Photo by Isaac Myers ’18 – Alberto Cardona ’16 works on his latest piece in the Studio Art Room, Jan. 15. Cardona has submitted several pieces to BLAM and has won several awards for his art.
By Cameron M. Bray ’16
With four brothers as artists, it is no surprise Alberto Cardona ’16 is so immersed in art.
Having completed Drawing his freshman year and Advanced Drawing his junior year, Cardona now takes Advanced Placement Studio Art: 2-D Design, a course in which he is required to submit a portfolio for evaluation at the end of the school year.
He said that his brothers have been a major source of inspiration for him along the way and that he’s “pretty much just following in their footsteps.”
However, these are not the only artists who have influenced him and his work.

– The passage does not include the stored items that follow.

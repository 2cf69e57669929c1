-- ===== src/Orders.antt =====
-- services/CreateOrdersService: the orders controller and the routes that it registers.
pub mod Controller
pub mod Routes
pub mod Ways
pub mod Serving
pub mod Answers
pub mod Total
pub mod Sessions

Fond of urban art, which he frequently depicts in his works, Cardona said that Banksy and Shepard Fairey, two well-known graffiti artists, were sources of inspiration for him.
“I really admire Shepard Fairey and Banksy’s artworks,” he said. “I feel like I’m in agreement with the majority of their messages.”
In particular, Cardona said he had a special liking toward the works of Banksy.
“I think they’re funny,” he said. “I feel like they’re satirical and subtle in how they critique society and everything that’s going on. That’s really a big part of my inspiration.”
Over the years not only has Cardona achieved third place in two contests sponsored by the Brophy Literary and Arts Magazine titled “Motif” and “Seclusion,” but he has also enjoyed another, more distinct honor.
Currently, one his works—a pastel portrait depicting a woman posed with a backlight shining on her—hangs in U.S. Rep. Kyrsten Sinema’s Arizona district office on 44th Street.
Cardona said that she found about the work through one of her staffers who contacted Fine Arts Department Chair Mr. Mica Mulloy ’99 about displaying it.
“I displayed it in the Fine Arts Extravaganza,” Cardona said. “Someone in her office came to see our art. I guess she spoke to Mr. Mulloy to see if she would allow me to hang it up there.”
Ms. Debbie Cronin, who has had Cardona for all three of his drawing classes, said that he is a hardworking student and that he creates “professional work.”
“I want students to have a sense of completion, and I want them to have a sense of pride in their work, and I want to push them as far as they can be pushed,” she said. “But Albert always pushes himself further, and he accomplishes things that I would think are outside the scope of a student.”
Two works of his stood out to her as examples of his dedication: the first was a portrait of Zlatan Ibrahimović, a Swedish soccer player; the second, a large family portrait depicting members of Cardona’s family as spray cans of different sizes and colors with a graffiti background.
She also noted how he is unafraid to put in time after school and at lunch to work on his art.
Like Ms. Cronin, Paul Bullington ’16, a classmate of Cardona’s in AP Studio Art who frequently collaborates with him on projects, also said that Cardona has great skill as an artist.
“I think he has lots of potential,” he said. “All of the stuff he produces is real top cheddar, so I think he could go places.”
Though he has known Cardona all four years at Brophy, Bullington said that he has really gotten to known him this year and that he is glad to have had the opportunity.
“Albert’s awesome. I’m glad I got to known him this year,” he said. “He’s a happy guy. He’s so upbeat and always interested in what’s going on in my life.”
Though he said he is more interested in pursuing engineering in college, Cardona said he will definitely fit art into his schedule in the coming years.